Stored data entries

►

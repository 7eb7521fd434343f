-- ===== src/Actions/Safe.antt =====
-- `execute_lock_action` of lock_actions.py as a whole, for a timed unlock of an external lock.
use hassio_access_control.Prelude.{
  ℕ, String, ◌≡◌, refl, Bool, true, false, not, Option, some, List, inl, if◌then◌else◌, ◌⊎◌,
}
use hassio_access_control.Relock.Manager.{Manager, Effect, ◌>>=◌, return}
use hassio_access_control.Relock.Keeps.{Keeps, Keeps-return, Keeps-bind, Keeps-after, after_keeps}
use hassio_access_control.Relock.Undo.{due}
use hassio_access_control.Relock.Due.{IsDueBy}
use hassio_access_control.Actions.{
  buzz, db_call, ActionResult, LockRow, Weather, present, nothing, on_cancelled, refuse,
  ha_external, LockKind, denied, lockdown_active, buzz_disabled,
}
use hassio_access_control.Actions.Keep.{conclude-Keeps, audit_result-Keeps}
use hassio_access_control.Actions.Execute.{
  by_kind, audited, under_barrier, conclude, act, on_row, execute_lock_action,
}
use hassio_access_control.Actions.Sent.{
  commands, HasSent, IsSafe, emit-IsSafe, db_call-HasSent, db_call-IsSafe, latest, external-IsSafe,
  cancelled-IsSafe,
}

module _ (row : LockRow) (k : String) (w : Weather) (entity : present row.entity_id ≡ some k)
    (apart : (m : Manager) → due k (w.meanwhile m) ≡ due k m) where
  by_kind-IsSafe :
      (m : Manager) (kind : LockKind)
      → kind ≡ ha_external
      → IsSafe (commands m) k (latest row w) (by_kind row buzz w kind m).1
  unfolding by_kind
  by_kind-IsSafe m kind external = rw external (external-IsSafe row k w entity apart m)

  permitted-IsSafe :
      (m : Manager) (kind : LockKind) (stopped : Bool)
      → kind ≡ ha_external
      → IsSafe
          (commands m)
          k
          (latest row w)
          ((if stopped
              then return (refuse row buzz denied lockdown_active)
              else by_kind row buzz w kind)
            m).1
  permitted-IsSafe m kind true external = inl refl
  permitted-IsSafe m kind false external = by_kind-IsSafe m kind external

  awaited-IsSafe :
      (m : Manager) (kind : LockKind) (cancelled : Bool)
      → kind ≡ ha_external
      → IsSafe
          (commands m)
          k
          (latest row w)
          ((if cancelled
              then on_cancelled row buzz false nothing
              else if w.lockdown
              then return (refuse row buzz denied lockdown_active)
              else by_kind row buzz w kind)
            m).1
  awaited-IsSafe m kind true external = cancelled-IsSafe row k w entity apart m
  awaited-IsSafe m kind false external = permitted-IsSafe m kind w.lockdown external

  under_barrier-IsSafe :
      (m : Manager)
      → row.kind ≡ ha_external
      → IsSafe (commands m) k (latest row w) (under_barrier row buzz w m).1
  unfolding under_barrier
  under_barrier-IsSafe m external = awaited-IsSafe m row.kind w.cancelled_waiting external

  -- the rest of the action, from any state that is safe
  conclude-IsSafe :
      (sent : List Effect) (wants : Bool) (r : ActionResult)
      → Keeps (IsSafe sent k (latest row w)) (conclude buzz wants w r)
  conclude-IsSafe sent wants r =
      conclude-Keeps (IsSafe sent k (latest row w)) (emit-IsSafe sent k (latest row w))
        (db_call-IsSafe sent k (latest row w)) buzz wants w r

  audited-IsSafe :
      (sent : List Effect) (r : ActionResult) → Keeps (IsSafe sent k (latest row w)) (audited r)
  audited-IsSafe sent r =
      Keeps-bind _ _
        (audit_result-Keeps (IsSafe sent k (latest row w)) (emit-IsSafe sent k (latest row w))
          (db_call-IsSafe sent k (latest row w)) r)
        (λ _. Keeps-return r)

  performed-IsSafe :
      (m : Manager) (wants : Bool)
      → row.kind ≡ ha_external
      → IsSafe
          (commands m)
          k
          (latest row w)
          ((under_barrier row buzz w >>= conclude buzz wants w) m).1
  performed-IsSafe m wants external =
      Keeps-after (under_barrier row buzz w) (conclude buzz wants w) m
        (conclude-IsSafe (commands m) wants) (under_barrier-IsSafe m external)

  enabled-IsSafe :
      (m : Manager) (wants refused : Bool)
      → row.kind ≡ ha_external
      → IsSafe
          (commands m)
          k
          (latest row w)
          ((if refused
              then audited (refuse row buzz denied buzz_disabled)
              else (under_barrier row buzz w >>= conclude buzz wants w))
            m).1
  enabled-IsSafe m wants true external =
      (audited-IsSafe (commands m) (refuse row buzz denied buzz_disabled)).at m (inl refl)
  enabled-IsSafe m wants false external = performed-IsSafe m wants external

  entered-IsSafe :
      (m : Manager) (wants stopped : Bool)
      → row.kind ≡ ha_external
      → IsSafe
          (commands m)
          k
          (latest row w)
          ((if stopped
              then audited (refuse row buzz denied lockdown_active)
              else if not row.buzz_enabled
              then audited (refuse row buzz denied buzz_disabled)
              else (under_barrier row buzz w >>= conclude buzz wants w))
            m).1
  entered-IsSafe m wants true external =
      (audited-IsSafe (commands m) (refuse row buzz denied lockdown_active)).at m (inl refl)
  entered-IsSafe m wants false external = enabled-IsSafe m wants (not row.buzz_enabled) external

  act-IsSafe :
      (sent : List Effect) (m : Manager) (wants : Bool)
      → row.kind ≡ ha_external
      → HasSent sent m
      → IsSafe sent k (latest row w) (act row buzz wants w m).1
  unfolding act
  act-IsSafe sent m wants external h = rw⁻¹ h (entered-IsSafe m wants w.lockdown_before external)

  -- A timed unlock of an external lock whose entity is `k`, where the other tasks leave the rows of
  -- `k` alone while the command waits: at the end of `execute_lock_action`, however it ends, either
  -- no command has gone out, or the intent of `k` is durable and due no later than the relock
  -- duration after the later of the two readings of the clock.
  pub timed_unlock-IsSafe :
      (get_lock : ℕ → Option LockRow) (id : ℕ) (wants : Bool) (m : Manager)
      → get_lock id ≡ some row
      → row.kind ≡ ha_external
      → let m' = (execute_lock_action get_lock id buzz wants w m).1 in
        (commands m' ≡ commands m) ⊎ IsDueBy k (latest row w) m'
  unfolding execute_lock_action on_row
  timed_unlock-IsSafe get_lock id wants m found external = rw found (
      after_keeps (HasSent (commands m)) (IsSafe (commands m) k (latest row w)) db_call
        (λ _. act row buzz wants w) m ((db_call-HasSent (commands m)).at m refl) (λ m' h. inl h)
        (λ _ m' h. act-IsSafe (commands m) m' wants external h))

◄

--- ACTION ITEM ---
List all lines above in which the string "return" appears.

--- SOLUTION FOR THIS TASK ---
use hassio_access_control.Relock.Manager.{Manager, Effect, ◌>>=◌, return}
use hassio_access_control.Relock.Keeps.{Keeps, Keeps-return, Keeps-bind, Keeps-after, after_keeps}
              then return (refuse row buzz denied lockdown_active)
              then return (refuse row buzz denied lockdown_active)
        (λ _. Keeps-return r)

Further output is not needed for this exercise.